Paraffin-embedded NP sections were stained with fluorescence-labeled specific antibodies against OSM, GM-CSF, and hematopoietic cell-specific markers. Live cells were isolated from NPs and matched blood samples for flow cytometric analysis. Neutrophils were isolated from whole blood and cultured with the known OSM inducers GM-CSF and follistatin-like 1, and OSM levels were measured in the supernatants. Bronchial biopsy sections from control subjects, patients with moderate asthma, and patients with severe asthma were stained for OSM and neutrophil elastase.
OSM staining was observed in NPs, showed colocalization with neutrophil elastase (n = 10), and did not colocalize with markers for eosinophils, macrophages, T cells, or B cells (n = 3-5). Flow cytometric analysis of NPs (n = 9) showed that 5.1% ± 2% of CD45 cells were OSM, and of the OSM cells, 56% ± 7% were CD16Siglec-8, indicating neutrophil lineage. Only 0.6 ± 0.4% of CD45 events from matched blood samples (n = 5) were OSM, suggesting that increased OSM levels in patients with CRS was locally stimulated and produced. A majority of OSM neutrophils expressed arginase 1 (72.5% ± 12%), suggesting an N2 phenotype. GM-CSF levels were increased in NPs compared with those in control tissue and were sufficient to induce OSM production (P < .001) in peripheral blood neutrophils in vitro. OSM neutrophils were also observed at increased levels in biopsy specimens from patients with severe asthma. Additionally, OSM protein levels were increased in induced sputum from asthmatic patients compared with that from control subjects (P < .05).

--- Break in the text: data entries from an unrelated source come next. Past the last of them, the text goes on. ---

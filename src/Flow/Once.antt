-- ===== src/Flow/Once.antt =====
-- The cards that an execution hands out (crates/core/src/flow.rs).
use stulp.Prelude.{
  ℕ, zero, suc, ◌+◌, ◌<◌, ◌≤◌, ◌≡◌, ◌≢◌, refl, ap, ◌∙◌, Bool, true, Option, none, some, List, [],
  ◌∷◌, ◌⊎◌, inl, inr, arith, length, get_elem?, ltb, ◌==◌, All, Bool-cases, Option-cases,
}
use stulp.Prelude.Results.{Result, ok, err, changed, conflict}
use stulp.Prelude.Distinct.{Nodup}
use stulp.Flow.{Json, max_nodes, Execution, skip, complete, next, array}
use stulp.Flow.Queue.{IsSound, Continues, complete-IsSound, marked_lem, get_elem?-lt, count-le}

skip_lem : (e : Execution) → IsSound e → IsSound (skip e).1 × Continues e (skip e).1
unfolding skip
skip_lem e s = elim (Option-cases e.waiting) [
  | inl idle_now ↦ rw (idle_now, skip) (s, (refl, omega arith, λ i h. refl))
  | inr (index, w) ↦
      let small : index < length e.visited = omega (arith, s.waits index w, s.marks) in
      let fits : ltb index (length e.visited) ≡ true = ground (arith, small) in
      rw (w, skip, fits) (marked_lem e index s, (refl, omega arith, λ i h. refl))
]

get_elem?-none : (xs : List ℕ) (i : ℕ) → get_elem? xs i ≡ none → length xs ≤ i
get_elem?-none [] i h = omega arith
get_elem?-none (x ∷ xs) zero h = cc
get_elem?-none (x ∷ xs) (suc i) h = omega (arith, get_elem?-none xs i h)

-- What is handed out stands in the queue, at this place or behind it.
abbrev Placed : Execution → ℕ → ℕ → Type 0
Placed e place x = (p : ℕ) × (place ≤ p) × (p < e.tail) × (get_elem? e.pending p ≡ some x)

-- An execution whose first queued card is taken.
abbrev taken : Execution → ℕ → Execution
taken e x = record e { head = e.head + 1; waiting = some x }

taken-IsSound :
    (e : Execution) (x : ℕ)
    → IsSound e
    → e.head < e.tail
    → get_elem? e.pending e.head ≡ some x
    → IsSound (taken e x)
taken-IsSound e x s more found =
    let mark = s.marked e.head x more found in
    let inside : x < max_nodes = omega (arith, get_elem?-lt e.visited x mark, s.marks) in
    record {
      size = s.size;
      marks = s.marks;
      order = omega (arith, more);
      few = s.few;
      marked = s.marked;
      distinct = s.distinct;
      waits = λ y h. (let same : y ≡ x = cc h in omega (arith, same, inside));
    }

-- The calls on an execution: a card is asked for, or the answer to one comes in.
pub data Call : Type 0 where
  ask failed : Call
  answered : Bool → Call

unfoldable pub handed : Result (Option ℕ) → List ℕ → List ℕ
handed (err e) later = later
handed (ok none) later = later
handed (ok (some x)) later = x ∷ later

module _ (J : Json) where
  open J use {Value}

  -- The cards that a sequence of calls hands out, and the execution behind it.
  unfoldable pub run : Value → List Call → Execution → List ℕ × Execution
  unfolding handed next skip complete
  run flow [] e = ([], e)
  run flow (ask ∷ calls) e =
      let (answer, e') = next J e flow in
      let (later, last) = run flow calls e' in (handed answer later, last)
  run flow (failed ∷ calls) e = run flow calls (skip e).1
  run flow (answered passed ∷ calls) e = run flow calls (complete J e flow passed).1

  -- `next` hands out nothing and changes nothing, or takes the first card of the queue; a card
  -- that the flow has lost is taken and not handed out.
  data Next (e : Execution) (flow : Value) : Type 0 where
    rests :
        (answer : Result (Option ℕ))
        → ((later : List ℕ) → handed answer later ≡ later)
        → next J e flow ≡ (answer, e)
        → Next e flow
    takes :
        (answer : Result (Option ℕ)) (x : ℕ)
        → ((later : List ℕ) → (handed answer later ≡ later) ⊎ (handed answer later ≡ x ∷ later))
        → e.head < e.tail
        → get_elem? e.pending e.head ≡ some x
        → next J e flow ≡ (answer, taken e x)
        → Next e flow

  next_lem : (e : Execution) (flow : Value) → IsSound e → Next e flow
  unfolding next handed
  next_lem e flow s = elim (Option-cases e.waiting) [
    | inr (index, w) ↦
        rests (err (conflict "flow callback is still pending")) (λ later. refl)
          (rw (w, next)
            (λ i. (err (conflict "flow callback is still pending"), record e { waiting = w i })))
    | inl w ↦ elim (Bool-cases (e.head == e.tail)) [
      | inl done ↦
          rests (ok none) (λ later. refl)
            (rw (w, next, done) (λ i. (ok none, record e { waiting = w i })))
      | inr open_ ↦
          let more : e.head < e.tail = ground (arith, s.order, open_) in
          elim (Option-cases (get_elem? e.pending e.head)) [
            | inl gone ↦ absurd (
                omega (
                  arith,
                  get_elem?-none e.pending e.head gone,
                  s.size,
                  s.few,
                  s.marks,
                  count-le e.visited,
                  more,
                ))
            | inr (x, found) ↦ elim (Option-cases (get_elem? (array J flow "nodes") x)) [
              | inl lost ↦
                  takes (err changed) x (λ later. inl refl) more found
                    (rw (w, next, open_, found, lost))
              | inr (node, card) ↦
                  takes (ok (some x)) x (λ later. inr refl) more found
                    (rw (w, next, open_, found, card))
            ]
          ]
    ]
  ]

  -- What a run leaves: a sound queue that continues, and what was handed out, from distinct places.
  Ran : Execution → List ℕ × Execution → Type 0
  Ran e (cards, last) =
      IsSound last
      × (e.tail ≤ last.tail)
      × ((i : ℕ) → i < e.tail → get_elem? last.pending i ≡ get_elem? e.pending i)
      × All (Placed last e.head) cards
      × Nodup cards

  later_lem :
      (last : Execution) (place : ℕ) (cards : List ℕ)
      → All (Placed last (place + 1)) cards
      → All (Placed last place) cards
  later_lem last place [] h = tt
  later_lem last place (x ∷ xs) ((p, le, lt, at), hs) =
      ((p, omega (arith, le), lt, at), later_lem last place xs hs)

  fresh_lem :
      (last : Execution) (place x : ℕ) (cards : List ℕ)
      → IsSound last
      → place < last.tail
      → get_elem? last.pending place ≡ some x
      → All (Placed last (place + 1)) cards
      → All (λ y. y ≢ x) cards
  fresh_lem last place x [] s inside here h = tt
  fresh_lem last place x (y ∷ ys) s inside here ((p, le, lt, at), hs) = (
    (λ same.
        let e = s.distinct p place x lt inside (at ∙ ap (λ (t : ℕ). some t) same) here in
        absurd (omega (arith, e, le))),
    fresh_lem last place x ys s inside here hs,
  )

  continued :
      (e e' : Execution) (out : List ℕ × Execution) → Continues e e' → Ran e' out → Ran e out
  unfolding Ran
  continued e e' (cards, last) (h, t, p) (s, t', p', placed, nodup) =
      (s, omega (arith, t, t'), (λ i lt. p' i (omega (arith, lt, t)) ∙ p i lt), rw h placed, nodup)

  run_lem :
      (flow : Value) (calls : List Call) (e : Execution) → IsSound e → Ran e (run flow calls e)
  unfolding run Ran
  run_lem flow [] e s = (s, omega arith, (λ i lt. refl), tt, tt)
  run_lem flow (failed ∷ calls) e s =
      let (s', c) = skip_lem e s in
      continued e (skip e).1 (run flow calls (skip e).1) c (run_lem flow calls (skip e).1 s')
  run_lem flow (answered passed ∷ calls) e s =
      let e' = (complete J e flow passed).1 in
      let (n, s', c) = complete-IsSound J e flow passed s in
      continued e e' (run flow calls e') c (run_lem flow calls e' s')
  run_lem flow (ask ∷ calls) e s = elim (next_lem e flow s) [
    | rests answer none_handed same ↦
        rw (same, none_handed (run flow calls e).0) (run_lem flow calls e s)
    | takes answer x handed_x more found same ↦
        let s1 = taken-IsSound e x s more found in
        let (s', t', p', placed, nodup) = run_lem flow calls (taken e x) s1 in
        let last = (run flow calls (taken e x)).1 in
        let later = (run flow calls (taken e x)).0 in
        let here = p' e.head more ∙ found in
        elim (handed_x later) [
          | inl silent ↦ rw (same, silent) (s', t', p', later_lem last e.head later placed, nodup)
          | inr given ↦
              rw (same, given)
                (
                  s',
                  t',
                  p',
                  (
                    (e.head, omega arith, omega (arith, more, t'), here),
                    later_lem last e.head later placed,
                  ),
                  (fresh_lem last e.head x later s' (omega (arith, more, t')) here placed, nodup),
                )
        ]
  ]

  -- Whatever calls are made on an execution whose queue is sound, and in whatever order, no card is
  -- handed out twice, and the queue is sound behind them.
  pub run-Nodup :
      (flow : Value) (calls : List Call) (e : Execution)
      → IsSound e
      → Nodup (run flow calls e).0 × IsSound (run flow calls e).1
  unfolding Ran
  run-Nodup flow calls e s = let (s', t', p', placed, nodup) = run_lem flow calls e s in (nodup, s')
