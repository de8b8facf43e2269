-- ===== src/Flow/Tests.antt =====
-- A flow of three cards, for the theorems on crates/core/src/flow.rs.
use stulp.Prelude.{
  ◌≡◌, ◌≢◌, refl, arith, true, Option, none, some, List, [], ◌∷◌, if◌then◌else◌, String, same_text,
}
use stulp.Prelude.Results.{err, full}
use stulp.Flow.{
  Json, Execution, idle, complete, complete_card, follow, visit, node_index, text, get, array, kind,
  boolean, card_kind,
}
use stulp.Flow.Queue.{IsSound, Continues, idle-IsSound, complete-IsSound}
use stulp.Prelude.Distinct.{Nodup}
use stulp.Flow.Once.{Call, ask, answered, run, run-Nodup}

-- The values of one flow: a trigger with two actions behind it, the second of which is also behind
-- the first.
data Tree : Type 0 where
  word step : String → Tree
  card edge : String → String → Tree
  cards edges flow : Tree

-- The field of an object with one or two fields.
abbrev pick : String → String → Tree → String → Tree → Option Tree
pick key k v k' v' = if same_text k key then some v else if same_text k' key then some v' else none

abbrev field_of : Tree → String → Option Tree
field_of (step type) key = pick key "cardType" (word type) "kind" (word type)
field_of (card id type) key = pick key "id" (word id) "step" (step type)
field_of (edge from to) key = pick key "from" (word from) "to" (word to)
field_of flow key = pick key "nodes" cards "edges" edges
field_of _ key = none

abbrev word_of : Tree → Option String
word_of (word s) = some s
word_of _ = none

abbrev list_of : Tree → Option (List Tree)
list_of cards = some (card "t" "trigger" ∷ card "x" "action" ∷ card "y" "action" ∷ [])
list_of edges = some (edge "t" "x" ∷ edge "t" "y" ∷ edge "x" "y" ∷ [])
list_of _ = none

abbrev json : Json
json = record {
  Value = Tree;
  field = field_of;
  as_str = word_of;
  as_bool = λ v. none;
  as_array = list_of;
}

abbrev triggered : Execution
triggered = record idle { waiting = some 0 }

triggered-IsSound : IsSound triggered
triggered-IsSound = record {
  size = refl;
  marks = refl;
  order = idle-IsSound.order;
  few = idle-IsSound.few;
  marked = idle-IsSound.marked;
  distinct = idle-IsSound.distinct;
  waits = λ x h. ground (arith, h);
}

abbrev calls : List Call
calls = answered true ∷ ask ∷ answered true ∷ ask ∷ answered true ∷ ask ∷ []

-- Each of the two actions is handed out once.
run_test : (run json flow calls triggered).0 ≡ 1 ∷ 2 ∷ []
unfolding run complete complete_card follow visit node_index text get array kind boolean card_kind
run_test = refl

complete-IsSound_example :
    ((complete json triggered flow true).0 ≢ err full)
    × IsSound (complete json triggered flow true).1
    × Continues triggered (complete json triggered flow true).1
complete-IsSound_example = complete-IsSound json triggered flow true triggered-IsSound

run-Nodup_example :
    Nodup (run json flow calls triggered).0 × IsSound (run json flow calls triggered).1
run-Nodup_example = run-Nodup json flow calls triggered triggered-IsSound
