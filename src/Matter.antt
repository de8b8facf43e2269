-- ===== src/Matter.antt =====
-- plugins/matter: the Matter protocols of the Matter app.
pub mod Buffer
pub mod Message
pub mod Tlv
pub mod Mrp
pub mod Ccm
pub mod Onboarding
pub mod Tests
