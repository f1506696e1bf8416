-- ===== src/Lib.antt =====
-- ZQim, an instant-messaging server in Go. Clients hold a TCP connection to a connection server
-- (comit); a web server (logic) serves accounts, friends and groups over HTTP. The modules model:
--   Prelude      shared names, lists, maps (a Go map is an association list)
--   Frame        comit/fxsrv/request.go, unpack and read of comit/fxsrv/connect.go: GetBytes is
--                get_bytes, unpack is unpack, one round of its loop is round
--   Conn         the rest of comit/fxsrv/connect.go, contex.go, handles/pinghandle.go; Conn.Race is Write
--                and Close from several goroutines, one access at a time
--   Heap         MinHeap of comit/manage/ackmessage.go over Go's container/heap
--   Services     comit/config/config.go, ComitManages of comit/manage/comits.go, the messages, and the
--                services (protobuf, redis, databases, jwt) that the handlers take as parameters
--   Cache        comit/rediscache
--   Chat, Acks   comit/handles/chathandle.go
--   Rpc          comit/grpcserver/server.go
--   Auth         comit/handles/authhandle.go, middlehandles/authmiddle.go, CloseHandle of router/router.go
--   Pull         comit/handles/pullmessage.go
--   Route        AddRouter, AddMiddleware, routesRun of comit/fxsrv, setRouter of comit/router/router.go
--   Serve        Run of comit/fxsrv/server.go: the connections, their read loops and the pool's goroutines
--                around Frame, Route and Auth
--   Registry     comit/registrationDiscovery/registry.go, comit/manage/comits.go
--   Balance      logic/service/comitService.go; Balance.Sync is registryDiscoverService.go beside it
--   Etcd         the registration: Init, Registry, Less of registry.go, comit/main.go, and the keys that
--                both GetConfig read
--   Pool         comit/fxsrv/workpool.go
--   Sql          gorm over the tables of logic/models, as parameters with named properties
--   Modle        comit/modle/friends.go, groupchat.go; Web.Shared ties both servers to one store
--   Web          the web server's state, logic/utils/error.go, logic/config/redis.go
--   Friends      logic/models/friend.go, notify.go; Friends.Api is controller/friendController.go
--   Groups       logic/models/groupchat.go; Groups.Api is controller/groupController.go
--   Token        logic/pkg/jwt/jwt.go, logic/middleware/authermiddle.go
--   Users        logic/models/user.go, logic/controller/userController.go
--   Http         logic/router/router.go: Http.Table has every route with its controller, and Http.Serve
--                runs one, behind AuthMiddle or not
--   Options      comit/fxsrv/options.go
--   Ack          comit/manage/connectmanage.go and AckMessageManage of ackmessage.go
--   Url          unescapePath, shouldEscape, ishex, unhex of logic/controller/osshandle.go
--   Oss          the rest of osshandle.go: the upload policy and the checks of a callback
-- Bytes, ids and times are native numbers; a result that a machine width can cut is reduced by %.
-- Fuel: unpack_loop gets one round more than the buffer has bytes, and every round that goes on
-- shortens the buffer; up_loop gets the position it starts at, down_loop the distance to the end,
-- and their case without fuel is what the loop's own test gives there; tick_loop makes exactly the
-- rounds that the source counts.
-- A handler gets the address of its connection and returns the state of the server, Sys, with its
-- error. Calls of other servers are recorded in the state; what the other server does with them is
-- Rpc's. Handlers run one at a time, in an order that Serve leaves open. The body of a request is a
-- slice of its connection's buffer, so Serve runs it with what the buffer holds there by then.
-- The table of Registry and Sys.comits are the same Go map; Registry keeps it apart from the handlers.
-- A handler of the web server gets the user id of its token and what ShouldBind made of the request,
-- and returns the state, Web, with its answer; `none` is a panic. A transaction works on a copy of the
-- database that Commit installs; Callback, which the source calls on errors, ends none, and Web counts
-- the ones left open. A row is a list of columns; the models rely on gorm and MySQL as Sql.Laws says.
-- The pool's select statements are steps, whose order is free; in Serve each function of the pool runs
-- in one step, and the write loops, TimeLoop and other servers are events that set the state.
-- The events of a watch carry keys without their prefix. The state of etcd is that of its parameter;
-- a lease that ends is a later state without the entries.
-- Not modelled: the reading of configuration, logging and the opening of databases, which are calls of
-- libraries; generated code; and the client, which is not in Go.
mod Prelude
pub mod Url
pub mod Frame
pub mod Heap
pub mod Conn
pub mod Pool
pub mod Ack
pub mod Services
pub mod Cache
pub mod Chat
pub mod Rpc
pub mod Acks
pub mod Auth
pub mod Pull
pub mod Route
pub mod Serve
pub mod Registry
pub mod Balance
pub mod Options
pub mod Sql
pub mod Modle
pub mod Web
pub mod Friends
pub mod Groups
pub mod Token
pub mod Users
pub mod Oss
pub mod Http
pub mod Etcd
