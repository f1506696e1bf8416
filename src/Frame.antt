-- ===== src/Frame.antt =====
-- comit/fxsrv/request.go and the framing of comit/fxsrv/connect.go: how a request is laid out on
-- the wire, and how the read loop cuts the byte stream of a connection into requests.
pub mod Step
pub mod Stream
pub mod Window
mod Tests
use zqim.Prelude.{
  ℕ, zero, suc, ◌+◌, ◌-◌, ◌*◌, ◌/◌, ◌%◌, ◌&&◌, List, [], ◌∷◌, ◌++◌, Option, none, some, ltb, leb,
  if◌then◌else◌, length, take, drop,
}

pub record Request : Type 0 where
  pub typ : ℕ
  pub body_len : ℕ
  pub flag : ℕ
  pub body : List ℕ

-- `binary.Write` and `binary.Read` of a uint16 and a uint32, big-endian.
unfoldable pub put_uint16 : ℕ → List ℕ
put_uint16 t = t / 256 % 256 ∷ t % 256 ∷ []

unfoldable pub put_uint32 : ℕ → List ℕ
put_uint32 n = n / 16777216 % 256 ∷ n / 65536 % 256 ∷ n / 256 % 256 ∷ n % 256 ∷ []

-- A read that finds too few bytes leaves the variable at 0.
unfoldable pub read_uint16 : List ℕ → ℕ
read_uint16 (a ∷ b ∷ []) = a * 256 + b
read_uint16 _ = 0

unfoldable pub read_uint32 : List ℕ → ℕ
read_uint32 (a ∷ b ∷ c ∷ d ∷ []) = a * 16777216 + b * 65536 + c * 256 + d
read_uint32 _ = 0

unfoldable pub read_uint8 : List ℕ → ℕ
read_uint8 (a ∷ []) = a
read_uint8 _ = 0

unfoldable pub get_bytes : Request → List ℕ
unfolding put_uint16 put_uint32
get_bytes r = put_uint16 r.typ ++ (put_uint32 r.body_len ++ r.flag ∷ r.body)

-- `bytes.Buffer`: the unread bytes, and what the backing array holds behind them up to its
-- capacity. A slice of `Bytes()` may reach into that part.
pub record Buffer : Type 0 where
  pub unread : List ℕ
  pub spare : List ℕ

-- `a[lo:hi]` for a slice with the elements of `a` up to its capacity; `none` is a panic.
unfoldable pub slice : List ℕ → ℕ → ℕ → Option (List ℕ)
slice a lo hi = if leb lo hi && leb hi (length a) then some (take (hi - lo) (drop lo a)) else none

-- `buff.Next(n)`
abbrev pub next : Buffer → ℕ → Buffer
next b n = record b { unread = drop n b.unread }

abbrev pub u32_mod : ℕ
u32_mod = 4294967296

-- What one round of the loop of unpack does: it stops, hands a request to routesRun, or panics.
pub data Round : Type 0 where
  wait : Round
  deliver : Request → Buffer → Round
  panic : Round

infixl 5 ◌>>=◌
abbrev ◌>>=◌ : Option (List ℕ) → (List ℕ → Round) → Round
none >>= f = panic
some a >>= f = f a

-- Reads the fields of a frame that is taken to be there whole; `7 + bodylen` is a uint32.
parse : Buffer → List ℕ → ℕ → Round
unfolding slice read_uint16 read_uint8
parse b byts bodylen = do
  typ ← slice byts 0 2
  flag ← slice byts 6 7
  body ← slice byts 7 ((bodylen + 7) % u32_mod)
  let r : Request = record {
    typ = read_uint16 typ;
    body_len = bodylen;
    flag = read_uint8 flag;
    body = body;
  }
  deliver r (next b ((7 + bodylen) % u32_mod))

unfoldable pub round : Buffer → Round
unfolding parse slice read_uint32
round b = if ltb (length b.unread) 5 then wait else do
  let byts = b.unread ++ b.spare
  len ← slice byts 2 6
  let bodylen = read_uint32 len
  if ltb (length b.unread - 5) bodylen then wait else parse b byts bodylen

-- The requests handed to routesRun, in order, with what is left in the buffer.
pub data Unpacked : Type 0 where
  waiting : List Request → Buffer → Unpacked
  panicked : List Request → Unpacked
  out_of_fuel : Unpacked

abbrev pub prepend : Request → Unpacked → Unpacked
prepend r (waiting rs b) = waiting (r ∷ rs) b
prepend r (panicked rs) = panicked (r ∷ rs)
prepend r out_of_fuel = out_of_fuel

unfoldable pub unpack_loop : ℕ → Buffer → Unpacked
unpack_loop zero b = out_of_fuel
unpack_loop (suc fuel) b = elim (round b) [
  | wait ↦ waiting [] b
  | deliver r b' ↦ prepend r (unpack_loop fuel b')
  | panic ↦ panicked []
]

unfoldable pub unpack : Buffer → Unpacked
unfolding unpack_loop
unpack b = unpack_loop (length b.unread + 1) b

-- The read loop over the chunks that the socket yields, each with what the backing array holds
-- behind the buffer once the chunk is written.
pub data Received : Type 0 where
  received : List Request → List ℕ → Received
  crashed : List Request → Received

abbrev pub prepend_all : List Request → Received → Received
prepend_all rs (received qs u) = received (rs ++ qs) u
prepend_all rs (crashed qs) = crashed (rs ++ qs)

unfoldable pub read : List ℕ → List (List ℕ × List ℕ) → Received
unfolding unpack
read unread [] = received [] unread
read unread ((chunk, spare) ∷ chunks) =
    elim (unpack (record { unread = unread ++ chunk; spare = spare })) [
      | waiting rs b ↦ prepend_all rs (read b.unread chunks)
      | panicked rs ↦ crashed rs
      | out_of_fuel ↦ crashed []
    ]
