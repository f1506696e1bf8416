-- ===== src/Conn.antt =====
-- comit/fxsrv/connect.go and contex.go: one connection, its two channels and its heartbeat.
pub mod Life
pub mod Race
mod Tests
use zqim.Prelude.{
  ℕ, ◌+◌, ◌≡◌, Bool, true, false, List, [], ◌∷◌, ◌++◌, Option, none, some, ltb, leb, if◌then◌else◌,
  length, nat_eq,
}
use zqim.Prelude.Maps
use zqim.Frame.{Request, get_bytes}

-- `write_chan` is what waits in the buffered channel, oldest first; `wire` what the socket took.
-- `exitChan` is closed exactly when `is_close` is set, and so is `writeChan`. The context maps the
-- id of a message to the address of the AckMessage stored for it.
pub record Connect : Type 0 where
  pub id : ℕ
  pub ctx : List (ℕ × ℕ)
  pub write_chan : List Request
  pub wire : List ℕ
  pub heart_time : ℕ
  pub is_close : Bool
  pub auth : Bool

-- What `service.Run` makes of an accepted socket.
unfoldable pub accept : Connect
accept = record {
  id = 0;
  ctx = [];
  write_chan = [];
  wire = [];
  heart_time = 0;
  is_close = false;
  auth = false;
}

-- `make(chan *Request,10)`
abbrev pub chan_size : ℕ
chan_size = 10

pub data WriteResult : Type 0 where
  written closed_error block_error : WriteResult

-- Write: the select takes the send if the channel has room, and never blocks.
unfoldable pub write : Connect → Request → Connect × WriteResult
write c r =
    if c.is_close
    then (c, closed_error)
    else if ltb (length c.write_chan) chan_size
    then (record c { write_chan = c.write_chan ++ r ∷ [] }, written)
    else (c, block_error)

-- Close: the compare-and-swap lets only the first call through.
unfoldable pub close : Connect → Connect
close c = if c.is_close then c else record c { is_close = true }

-- One turn of the loop of writeLoop, by the case that the select takes, with whether it goes on.
pub data Turn : Type 0 where
  exit_case : Turn
  -- the socket takes the bytes, or fails
  write_case : Bool → Turn
  -- the ticker fires, at this time
  tick_case : ℕ → Turn

abbrev put : Connect → List Request → Bool → Connect × Bool
put c [] ok = (c, true)
put c (r ∷ rest) true = (record c { write_chan = rest; wire = c.wire ++ get_bytes r }, true)
put c (r ∷ rest) false = (record c { write_chan = rest }, false)

unfoldable pub write_loop : ℕ → Connect → Turn → Connect × Bool
unfolding close
write_loop timeout c exit_case = (c, false)
write_loop timeout c (write_case ok) = put c c.write_chan ok
write_loop timeout c (tick_case now) =
    if ltb (c.heart_time + timeout) now then (close c, false) else (c, true)

-- A turn that the select can take: the exit case once the channels are closed, the write case if a
-- request waits or the channel is closed.
pub data Enabled (c : Connect) : Turn → Type 0 where
  exit_enabled : {t : Turn} → c.is_close ≡ true → t ≡ exit_case → Enabled c t
  write_enabled :
      (r : Request) (rest : List Request) (ok : Bool)
      → c.write_chan ≡ r ∷ rest
      → Enabled c (write_case ok)
  drained : (ok : Bool) → c.write_chan ≡ [] → c.is_close ≡ true → Enabled c (write_case ok)
  tick_enabled : (now : ℕ) → Enabled c (tick_case now)

-- The fields' setters, and Contex over the keys that the program uses.
abbrev pub set_heart_time : ℕ → Connect → Connect
set_heart_time t c = record c { heart_time = t }

abbrev pub set_auth : Bool → Connect → Connect
set_auth status c = record c { auth = status }

abbrev pub set_id : ℕ → Connect → Connect
set_id id c = record c { id = id }

abbrev pub ctx_set : ℕ → ℕ → Connect → Connect
ctx_set k p c = record c { ctx = Maps.insert k p c.ctx }

abbrev pub ctx_get : ℕ → Connect → Option ℕ
ctx_get k c = Maps.lookup k c.ctx

abbrev pub ctx_delete : ℕ → Connect → Connect
ctx_delete k c = record c { ctx = Maps.erase k c.ctx }

-- comit/handles/pinghandle.go
unfoldable pub ping_handle : ℕ → Connect → Connect
ping_handle now c = set_heart_time (now + 100) c

-- What can happen to a connection, one event at a time.
pub data Event : Type 0 where
  writes : Request → Event
  turns : Turn → Event
  pings : ℕ → Event
  closes : Event

unfoldable pub step : ℕ → Connect → Event → Connect
unfolding write write_loop close ping_handle
step timeout c (writes r) = (write c r).0
step timeout c (turns t) = (write_loop timeout c t).0
step timeout c (pings now) = ping_handle now c
step timeout c closes = close c

unfoldable pub run : ℕ → Connect → List Event → Connect
run timeout c [] = c
run timeout c (e ∷ es) = run timeout (step timeout c e) es

-- The requests that Write has taken along a run.
abbrev pub taken : Connect → Request → WriteResult → List Request
taken c r written = r ∷ []
taken c r closed_error = []
taken c r block_error = []

unfoldable pub accepted : ℕ → Connect → List Event → List Request
accepted timeout c [] = []
accepted timeout c (writes r ∷ es) =
    taken c r (write c r).1 ++ accepted timeout (step timeout c (writes r)) es
accepted timeout c (turns t ∷ es) = accepted timeout (step timeout c (turns t)) es
accepted timeout c (pings now ∷ es) = accepted timeout (step timeout c (pings now)) es
accepted timeout c (closes ∷ es) = accepted timeout (step timeout c closes) es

Neutrophils are a major source of OSM-producing cells in patients with CRS and severe asthma.
我们之前已经表明,慢性鼻-鼻窦炎(CRS)患者鼻息肉(NP)中的抑瘤素M(OSM)水平升高,以及变应性哮喘患者在节段性变应原激发后支气管肺泡灌洗液中的OSM水平也升高。我们还在体外表明,生理水平的OSM会损害分化的气道上皮的屏障功能。
我们试图确定在黏膜气道疾病患者中表达的OSM的造血细胞或驻留细胞类型。
用针对OSM、粒细胞-巨噬细胞集落刺激因子(GM-CSF)和造血细胞特异性标志物的荧光标记特异性抗体对石蜡包埋的NP切片进行染色。从NP和匹配的血液样本中分离活细胞进行流式细胞术分析。从全血中分离中性粒细胞,并用已知的OSM诱导剂GM-CSF和类卵泡抑素1进行培养,然后测量上清液中的OSM水平。对来自对照受试者、中度哮喘患者和重度哮喘患者的支气管活检切片进行OSM和中性粒细胞弹性蛋白酶染色。
在NP中观察到OSM染色,显示与中性粒细胞弹性蛋白酶共定位(n = 10),而与嗜酸性粒细胞、巨噬细胞、T细胞或B细胞的标志物不共定位(n = 3 - 5)。对NP(n = 9)的流式细胞术分析显示,5.1% ± 2%的CD45细胞是OSM阳性,在OSM阳性细胞中,56% ± 7%是CD16Siglec-8,表明为中性粒细胞谱系。来自匹配血液样本(n = 5)的CD45事件中只有0.6 ± 0.4%是OSM阳性,这表明CRS患者中升高的OSM水平是局部刺激产生的。大多数OSM阳性中性粒细胞表达精表达精氨酸酶1(72.5% ± 12%),表明为N2表型。与对照组织相比,NP中的GM-CSF水平升高,并且足以在体外诱导外周血中性粒细胞产生OSM(P <.001)。在重度哮喘患者的活检标本中也观察到OSM阳性中性粒细胞水平升高。此外,与对照受试者相比,哮喘患者诱导痰中的OSM蛋白水平升高(P <.05)。
中性粒细胞是CRS和重度哮喘患者中产生OSM的细胞的主要来源。